The IP Connectivity Access Network (IP-CAN) session is a concept that has roots in mobile applications. A policy rule via the Gx interface can be applied/modified to an entity that is identified as an IP-CAN session (in addition to individual bearers within the IP-CAN session, the bearer concept is currently not applicable to the BNG). For example, a UE (user interface or simply a mobile phone) can host several services, each of which appears as a separate IP-CAN session associated with the same IP address. For example, in mobile technologies, an IP-CAN session can be defined as <IP_address, APN, IMSI>, where:
APN (Access Point Name) is the service identifier
IMSI (International Mobile Subscriber Identification) is the UE identifier (SIM Card)
In wireline environment (ESM deployments), an IP-CAN session identifies an entity to which the policy can be applied or modified. In SR OS, this can be a single or dual stack IPoE host, IPoE session, or PPPoE session.
For the purpose of identifying the subscriber host or session in the SR OS node in all Gx-related transactions, the SR OS node generates a unique Gx session-id AVP (RFC 6733, ยง8.8) per single or dual stack IPoE host, IPoE session, or PPPoE session. Note that the Gx Session-Id AVP is not the same as the Acct-Session-Id attribute used in RADIUS accounting.

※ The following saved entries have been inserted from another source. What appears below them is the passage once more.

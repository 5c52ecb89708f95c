-- ===== src/Encoding.antt =====
-- src/encoding.c and src/encoding.h: keys of 32 bytes as base64 and as hexadecimal text.
pub mod Flag
pub mod Base64
pub mod Hex
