-- ===== src/Encoding/Hex.antt =====
-- src/encoding.c: `key_to_hex`, `key_from_hex`, `key_is_zero`.
pub mod Nibble
pub mod RoundTrip
pub mod Zero
use wireguard_tools.Encoding.Flag.{is_zero_flag}
use wireguard_tools.Prelude.{
  ℕ, zero, suc, ◌+◌, ◌*◌, bit_and, bit_or, bit_xor, Bool, true, false, not, List, [], ◌∷◌, ◌==◌,
  if◌then◌else◌, length, Bytes, u8, add32, sub32, shr, sar32, not32,
}

-- `WG_KEY_LEN_HEX - 1`
abbrev pub key_len_hex : ℕ
key_len_hex = 64

-- The character of four bits; the arithmetic is on `unsigned int`.
unfoldable pub encode_nibble : ℕ → ℕ
encode_nibble v = u8 (add32 (add32 87 v) (bit_and (shr (sub32 v 10) 8) (not32 38)))

unfoldable pub key_to_hex : Bytes → Bytes
key_to_hex [] = []
key_to_hex (k ∷ key) = encode_nibble (shr k 4) ∷ encode_nibble (bit_and k 0xf) ∷ key_to_hex key

-- `c_num`, `c_num0`, `c_alpha` and `c_alpha0` of one character.
abbrev c_num : ℕ → ℕ
c_num c = bit_xor c 48

abbrev c_num0 : ℕ → ℕ
c_num0 c = u8 (shr (sub32 (c_num c) 10) 8)

abbrev c_alpha : ℕ → ℕ
c_alpha c = u8 (sub32 (bit_and c (not32 32)) 55)

abbrev c_alpha0 : ℕ → ℕ
c_alpha0 c = u8 (shr (bit_xor (sub32 (c_alpha c) 10) (sub32 (c_alpha c) 16)) 8)

-- What one character adds to the error flag, and its four bits.
unfoldable pub nibble_flag : ℕ → ℕ
nibble_flag c = u8 (sar32 (sub32 (bit_or (c_num0 c) (c_alpha0 c)) 1) 8)

unfoldable pub decode_nibble : ℕ → ℕ
decode_nibble c = bit_or (bit_and (c_num0 c) (c_num c)) (bit_and (c_alpha0 c) (c_alpha c))

-- The loop over pairs of characters, with the error flag so far.
unfoldable pub decode_pairs : ℕ → Bytes → Bool × Bytes
decode_pairs ret (c ∷ d ∷ text) =
    let (good, key) =
      decode_pairs (u8 (bit_or (u8 (bit_or ret (nibble_flag c))) (nibble_flag d))) text in
    (good, bit_or (u8 (decode_nibble c * 16)) (decode_nibble d) ∷ key)
decode_pairs ret _ = (is_zero_flag ret, [])

-- `key_from_hex(key, hex)`, with the bytes that `key` holds before.
unfoldable pub key_from_hex : Bytes → Bytes → Bool × Bytes
key_from_hex key hex = if not (length hex == key_len_hex) then (false, key) else decode_pairs 0 hex

-- `key_is_zero(key)`: the loop over the bytes with `acc` so far.
unfoldable pub is_zero_from : ℕ → Bytes → Bool
is_zero_from acc [] = is_zero_flag acc
is_zero_from acc (k ∷ key) = is_zero_from (u8 (bit_or acc k)) key

unfoldable pub key_is_zero : Bytes → Bool
key_is_zero key = is_zero_from 0 key
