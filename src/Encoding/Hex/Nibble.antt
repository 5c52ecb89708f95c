-- ===== src/Encoding/Hex/Nibble.antt =====
-- src/encoding.c: one hexadecimal character and four bits, by tables over all values.
use wireguard_tools.Encoding.Hex.{encode_nibble, nibble_flag, decode_nibble}
use wireguard_tools.Prelude.{
  ℕ, ◌<◌, Bool, true, ◌&&◌, ◌||◌, ◌≡◌, refl, ◌⊎◌, arith, ◌==◌, ==_iff, ltb, codes, get_or, Bytes,
  all_below, all_below_sound, and-true, to_lower,
}

abbrev pub hex_digits : Bytes
hex_digits = codes "0123456789abcdef"

abbrev encode_row : ℕ → Bool
encode_row v =
    encode_nibble v == get_or hex_digits v 0
    && (nibble_flag (encode_nibble v) == 0 && decode_nibble (encode_nibble v) == v)

encode_table : all_below 16 encode_row ≡ true
unfolding all_below encode_nibble nibble_flag decode_nibble
encode_table = refl

abbrev decode_row : ℕ → Bool
decode_row c =
    nibble_flag c == 255
    || (nibble_flag c == 0
        && (ltb (decode_nibble c) 16 && encode_nibble (decode_nibble c) == to_lower c))

decode_table : all_below 256 decode_row ≡ true
unfolding all_below encode_nibble nibble_flag decode_nibble to_lower
decode_table = refl

-- Below 16 the formula picks the lower-case digit, which is read back without an error.
pub encode_nibble_lem :
    (v : ℕ)
    → v < 16
    → (encode_nibble v ≡ get_or hex_digits v 0)
      × (nibble_flag (encode_nibble v) ≡ 0)
      × (decode_nibble (encode_nibble v) ≡ v)
encode_nibble_lem v h =
    let row = all_below_sound 16 encode_row v encode_table h in
    let (digit, row2) = and-true _ _ row in
    let (flag, back) = and-true _ _ row2 in
    ((==_iff _ _).0 digit, (==_iff _ _).0 flag, (==_iff _ _).0 back)

row_cases :
    (c : ℕ)
    → decode_row c ≡ true
    → (nibble_flag c ≡ 255)
      ⊎ ((nibble_flag c ≡ 0)
          × (decode_nibble c < 16)
          × (encode_nibble (decode_nibble c) ≡ to_lower c))
row_cases c h = ground arith

-- A character is refused with all bits of the flag, or is a digit in either case.
pub decode_nibble_cases :
    (c : ℕ)
    → c < 256
    → (nibble_flag c ≡ 255)
      ⊎ ((nibble_flag c ≡ 0)
          × (decode_nibble c < 16)
          × (encode_nibble (decode_nibble c) ≡ to_lower c))
decode_nibble_cases c h = row_cases c (all_below_sound 256 decode_row c decode_table h)
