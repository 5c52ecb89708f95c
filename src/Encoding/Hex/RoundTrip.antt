-- ===== src/Encoding/Hex/RoundTrip.antt =====
-- src/encoding.c: `key_from_hex` against `key_to_hex`, both ways.
use wireguard_tools.Bits.{bit_or_shifted, bit_and_ones}
use wireguard_tools.Encoding.Base64.{IsKey}
use wireguard_tools.Encoding.Flag.{is_zero_flag, flag_zero, or_zero}
use wireguard_tools.Encoding.Hex.Nibble.{encode_nibble_lem, decode_nibble_cases}
use wireguard_tools.Encoding.Hex.{
  encode_nibble, key_to_hex, nibble_flag, decode_nibble, decode_pairs, key_from_hex, key_len_hex,
}
use wireguard_tools.Prelude.{
  ℕ, zero, suc, ◌+◌, ◌*◌, ◌/◌, ◌%◌, ◌<◌, bit_or, true, ◌≡◌, inl, inr, refl, arith, u8, [], ◌∷◌, map,
  Bytes, IsBytes, length, ◌==◌, ==_iff, Bool-cases, to_lower,
}

pub length-key_to_hex : (key : Bytes) → length (key_to_hex key) ≡ 2 * length key
unfolding key_to_hex
length-key_to_hex [] = refl
length-key_to_hex (k ∷ key) = omega (arith, length-key_to_hex key)

joined_nibbles : (v w : ℕ) → v < 16 → w < 16 → bit_or (u8 (v * 16)) w ≡ v * 16 + w
joined_nibbles v w hv hw = ground (arith, bit_or_shifted 4 v w)

decode_pairs-key_to_hex :
    (key : Bytes) → IsBytes key → decode_pairs 0 (key_to_hex key) ≡ (true, key)
unfolding key_to_hex decode_pairs is_zero_flag
decode_pairs-key_to_hex [] h = refl
decode_pairs-key_to_hex (k ∷ key) (hk, h) =
    let (_, flag, high) = encode_nibble_lem (k / 16) (omega arith) in
    let (_, flag', low) = encode_nibble_lem (k % 16) (omega arith) in
    let whole : k / 16 * 16 + k % 16 ≡ k = omega arith in
    rw
      (
        bit_and_ones 4 k,
        flag,
        flag',
        high,
        low,
        joined_nibbles (k / 16) (k % 16) (omega arith) (omega arith),
        whole,
        decode_pairs-key_to_hex key h,
      )
      refl

-- Every key is written as 64 hexadecimal characters that `key_from_hex` reads back as the key.
pub key_from_hex-key_to_hex :
    (old key : Bytes) → IsKey key → key_from_hex old (key_to_hex key) ≡ (true, key)
unfolding key_from_hex
key_from_hex-key_to_hex old key (l, h) =
    rw (length-key_to_hex key, l) (decode_pairs-key_to_hex key h)

-- What a successful run over `n` pairs shows.
record Spelled (n ret : ℕ) (text : Bytes) : Type 0 where
  flag : ret ≡ 0
  len : length (decode_pairs ret text).1 ≡ n
  bytes : IsBytes (decode_pairs ret text).1
  spelled : key_to_hex (decode_pairs ret text).1 ≡ map to_lower text

nibble_flag-lt : (c : ℕ) → c < 256 → nibble_flag c < 256
nibble_flag-lt c h = elim (decode_nibble_cases c h) [
  | inl x ↦ omega arith
  | inr x ↦ omega (arith, x.0)
]

nibble_good :
    (c : ℕ)
    → c < 256
    → nibble_flag c ≡ 0
    → (decode_nibble c < 16) × (encode_nibble (decode_nibble c) ≡ to_lower c)
nibble_good c h e = elim (decode_nibble_cases c h) [
  | inl bad ↦ absurd (omega arith)
  | inr x ↦ (x.1, x.2)
]

pair-Spelled :
    (n ret c d : ℕ) (text : Bytes)
    → ret < 256
    → c < 256
    → d < 256
    → Spelled n (u8 (bit_or (u8 (bit_or ret (nibble_flag c))) (nibble_flag d))) text
    → Spelled (suc n) ret (c ∷ d ∷ text)
unfolding decode_pairs key_to_hex
pair-Spelled n ret c d text hr hc hd k =
    let (inner, d0) =
      or_zero (u8 (bit_or ret (nibble_flag c))) (nibble_flag d) (omega arith) (nibble_flag-lt d hd)
        k.flag in
    let (r0, c0) = or_zero ret (nibble_flag c) hr (nibble_flag-lt c hc) inner in
    let (c_lt, c_char) = nibble_good c hc c0 in
    let (d_lt, d_char) = nibble_good d hd d0 in
    let v = decode_nibble c in
    let w = decode_nibble d in
    let byte = joined_nibbles v w c_lt d_lt in
    let high : (v * 16 + w) / 16 ≡ v = omega arith in
    let low : (v * 16 + w) % 16 ≡ w = omega arith in
    record {
      flag = r0;
      len = omega (arith, k.len);
      bytes = (rw byte (omega arith), k.bytes);
      spelled = rw (byte, bit_and_ones 4 (v * 16 + w), high, low, c_char, d_char, k.spelled) refl;
    }

decode_pairs-Spelled :
    (n ret : ℕ) (text : Bytes)
    → ret < 256
    → IsBytes text
    → length text ≡ 2 * n
    → (decode_pairs ret text).0 ≡ true
    → Spelled n ret text
decode_pairs-Spelled zero ret [] hr h l good = record {
  flag = flag_zero ret hr (unfold decode_pairs in good);
  len = unfold decode_pairs in refl;
  bytes = unfold decode_pairs in tt;
  spelled = unfold decode_pairs key_to_hex in refl;
}
decode_pairs-Spelled (suc n) ret (c ∷ d ∷ text) hr (hc, (hd, h)) l good =
    pair-Spelled n ret c d text hr hc hd
      (decode_pairs-Spelled n _ text (omega arith) h (omega arith) (unfold decode_pairs in good))
decode_pairs-Spelled n ret _ hr h l good = absurd (omega arith)

-- For texts of bytes: a text is accepted only if it has 64 characters and is, but for the case of
-- its letters, the spelling by `key_to_hex` of the 32 bytes that are read from it.
pub key_from_hex_canonical :
    (old text : Bytes)
    → IsBytes text
    → (key_from_hex old text).0 ≡ true
    → IsKey (key_from_hex old text).1 × (key_to_hex (key_from_hex old text).1 ≡ map to_lower text)
unfolding key_from_hex
key_from_hex_canonical old text h good = elim (Bool-cases (length text == key_len_hex)) [
  | inr bad ↦ absurd (ground arith)
  | inl len ↦
      let k =
        decode_pairs-Spelled 32 0 text (omega arith) h ((==_iff _ _).0 len) (rw len at good) in
      rw len ((k.len, k.bytes), k.spelled)
]
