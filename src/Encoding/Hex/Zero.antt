-- ===== src/Encoding/Hex/Zero.antt =====
-- src/encoding.c: `key_is_zero`.
use wireguard_tools.Encoding.Flag.{is_zero_flag, flag_zero, or_zero}
use wireguard_tools.Encoding.Hex.{is_zero_from, key_is_zero}
use wireguard_tools.Prelude.{
  ℕ, ◌<◌, bit_or, true, ◌≡◌, ◌↔◌, refl, arith, u8, [], ◌∷◌, Bytes, IsBytes, All,
}

is_zero_from_sound :
    (acc : ℕ) (key : Bytes)
    → acc < 256
    → IsBytes key
    → is_zero_from acc key ≡ true
    → (acc ≡ 0) × All (λ b. b ≡ 0) key
unfolding is_zero_from
is_zero_from_sound acc [] ha h e = (flag_zero acc ha e, tt)
is_zero_from_sound acc (k ∷ key) ha (hk, h) e =
    let (joined, rest) = is_zero_from_sound (u8 (bit_or acc k)) key (omega arith) h e in
    let (a0, k0) = or_zero acc k ha hk joined in (a0, (k0, rest))

is_zero_from_zeros : (key : Bytes) → All (λ b. b ≡ 0) key → is_zero_from 0 key ≡ true
unfolding is_zero_from is_zero_flag
is_zero_from_zeros [] h = refl
is_zero_from_zeros (k ∷ key) (e, h) = rw e (is_zero_from_zeros key h)

-- `key_is_zero` answers yes exactly for the keys whose bytes are all 0.
pub key_is_zero_iff : (key : Bytes) → IsBytes key → (key_is_zero key ≡ true) ↔ All (λ b. b ≡ 0) key
unfolding key_is_zero
key_is_zero_iff key h =
    (λ e. (is_zero_from_sound 0 key (omega arith) h e).1, is_zero_from_zeros key)
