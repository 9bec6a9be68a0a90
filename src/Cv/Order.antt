-- ===== src/Cv/Order.antt =====
-- What the two threads of cv.cpp print.
use network_simulation.Common.{
  ℕ, zero, suc, ◌+◌, ◌<◌, ◌≤◌, ◌≡◌, ◌≢◌, refl, true, false, List, [], ◌∷◌, ◌++◌, if◌then◌else◌,
  ◌==◌, arith, Bool-cases, inl, inr,
}
use mathlib.Core.List.{append_assoc}
use network_simulation.Cv.{
  Market, Step, Reach, Line, sent, consumed, ConsumerPhase, arriving, asleep, woken, rounds,
  opening, shipment_available, look, notified, produce, consume, looks, produces, consumes, wakes,
  here, next,
}

-- Every number up to `k`, sent and then consumed.
unfoldable pub exchanged : ℕ → List Line
exchanged zero = []
exchanged (suc k) = exchanged k ++ (sent k (k + 1) ∷ consumed (k + 1) ∷ [])

-- The lines printed when the producer has sent `i` numbers and the consumer has consumed `j`.
unfoldable pub printed : ℕ → ℕ → List Line
printed i j = if i == j then exchanged j else exchanged j ++ sent j (j + 1) ∷ []

pub record InOrder (n : ℕ) (m : Market) : Type 0 where
  pub behind : m.consumer_i ≤ m.producer_i
  pub close : m.producer_i ≤ m.consumer_i + 1
  pub bounded : m.producer_i ≤ rounds
  pub asked : m.consumer_i ≤ n
  pub holds : m.cargo ≡ (if m.producer_i == m.consumer_i then 0 else m.producer_i)
  pub room : m.ready ≡ true → (m.producer_i < rounds) × (m.producer_i ≡ m.consumer_i)
  pub sleeps : m.consumer ≡ asleep → m.producer_i ≡ m.consumer_i
  pub lines : m.out ≡ printed m.producer_i m.consumer_i

opening-InOrder : (n : ℕ) → InOrder n opening
unfolding opening printed exchanged
opening-InOrder n = record {
  behind = omega arith;
  close = omega arith;
  bounded = omega arith;
  asked = omega arith;
  holds = refl;
  room = λ h. cc;
  sleeps = λ h. cc;
  lines = refl;
}

printed-sent : (j : ℕ) → printed (j + 1) j ≡ printed j j ++ sent j (j + 1) ∷ []
unfolding printed
printed-sent j = ground arith

printed-consumed : (j : ℕ) → printed (j + 1) (j + 1) ≡ printed (j + 1) j ++ consumed (j + 1) ∷ []
unfolding printed exchanged
printed-consumed j =
    ground (arith, append_assoc (exchanged j) (sent j (j + 1) ∷ []) (consumed (j + 1) ∷ []))

look-InOrder : (n : ℕ) (m : Market) → InOrder n m → m.producer_i < rounds → InOrder n (look m)
unfolding look shipment_available
look-InOrder n m v more = ground (arith, v.room, v.sleeps)

sent_lines :
    (n : ℕ) (m : Market)
    → InOrder n m
    → m.producer_i ≡ m.consumer_i
    → m.out ++ sent m.producer_i (m.producer_i + 1) ∷ [] ≡ printed (m.producer_i + 1) m.consumer_i
sent_lines n m v even = ground (arith, v.lines, printed-sent m.consumer_i)

not-asleep : (c : ConsumerPhase) → notified c ≢ asleep
unfolding notified
not-asleep arriving h = cc
not-asleep asleep h = cc
not-asleep woken h = cc

produce-InOrder : (n : ℕ) (m : Market) → InOrder n m → m.ready ≡ true → InOrder n (produce m)
unfolding produce notified
produce-InOrder n m v now =
    let (free, even) = v.room now in
    record {
      behind = omega arith;
      close = omega arith;
      bounded = omega arith;
      asked = v.asked;
      holds = ground arith;
      room = λ h. cc;
      sleeps = λ h. absurd (not-asleep m.consumer h);
      lines = sent_lines n m v even;
    }

consumed_lines :
    (n : ℕ) (m : Market)
    → InOrder n m
    → m.producer_i ≡ m.consumer_i + 1
    → m.out ++ consumed m.cargo ∷ [] ≡ printed m.producer_i (m.consumer_i + 1)
consumed_lines n m v ahead = ground (arith, v.lines, v.holds, printed-consumed m.consumer_i)

pub level : (n : ℕ) (m : Market) → InOrder n m → (m.cargo == 0) ≡ true → m.producer_i ≡ m.consumer_i
level n m v empty = ground (arith, v.holds, v.behind)

pub ahead :
    (n : ℕ) (m : Market) → InOrder n m → (m.cargo == 0) ≡ false → m.producer_i ≡ m.consumer_i + 1
ahead n m v full = ground (arith, v.holds, v.behind, v.close)

unready : (n : ℕ) (m : Market) → InOrder n m → m.producer_i ≡ m.consumer_i + 1 → m.ready ≢ true
unready n m v gap now = absurd (omega (arith, (v.room now).1))

consume-InOrder : (n : ℕ) (m : Market) → InOrder n m → m.consumer_i < n → InOrder n (consume m)
unfolding consume shipment_available
consume-InOrder n m v more = elim (Bool-cases (m.cargo == 0)) [
  | inl none_yet ↦ rw none_yet (record {
    behind = v.behind;
    close = v.close;
    bounded = v.bounded;
    asked = v.asked;
    holds = v.holds;
    room = v.room;
    sleeps = λ h. level n m v none_yet;
    lines = v.lines;
  })
  | inr some_now ↦
      let gap = ahead n m v some_now in
      rw some_now (record {
        behind = omega arith;
        close = omega arith;
        bounded = v.bounded;
        asked = omega arith;
        holds = ground arith;
        room = λ h. absurd (unready n m v gap h);
        sleeps = λ h. cc;
        lines = consumed_lines n m v gap;
      })
]

pub Step-InOrder : {n : ℕ} {m m' : Market} → Step n m m' → InOrder n m → InOrder n m'
Step-InOrder {n} {m} (looks more free) v = look-InOrder n m v more
Step-InOrder {n} {m} (produces now) v = produce-InOrder n m v now
Step-InOrder {n} {m} (consumes more up) v = consume-InOrder n m v more
Step-InOrder {n} {m} (wakes down) v = record {
  behind = v.behind;
  close = v.close;
  bounded = v.bounded;
  asked = v.asked;
  holds = v.holds;
  room = v.room;
  sleeps = λ h. cc;
  lines = v.lines;
}

-- However the two threads are scheduled, and with spurious wake-ups: what is printed is every number
-- from 1 up, sent and then consumed, but the last one perhaps only sent. The producer sends 10 numbers
-- at most and the consumer takes `n` at most. The number in between is the one that is not consumed
-- yet, or else 0; the producer is ready to send, and the consumer sleeps, only when all is consumed.
pub Reach-InOrder : {n : ℕ} {m : Market} → Reach n opening m → InOrder n m
Reach-InOrder {n} here = opening-InOrder n
Reach-InOrder (next r s) = Step-InOrder s (Reach-InOrder r)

If the IPoE session is enabled, the Gx session key can be based on one of the following combinations (configuration dependent):
{SAP,MAC}
{SAP,MAC,Circuit-Id}; the Circuit-Id must be present in the packet
{SAP,MAC,Remote-Id}; the Remote-Id must be present in the packet
If the IPoE session is disabled, the Gx session key for IPoE hosts (dual or single stack) is, by default, based on the {SAP,MAC} combination.
In an environment where a Layer 3 node is in front of the BNG, the MAC address of arriving packets are that of the Layer 3 node. Then, it is not possible to differentiate between IPoE hosts on the same SAP unless the IPoE session concept is enabled in SR OS. Each IPoE session must have a Circuit-id or Remote-id as a differentiator.
A session concept is native to PPPoE where the Gx session equates to a single or dual stack PPPoE session. This means that the Gx session key is based on a {MAC,SAP, PPPoE session-id} combination.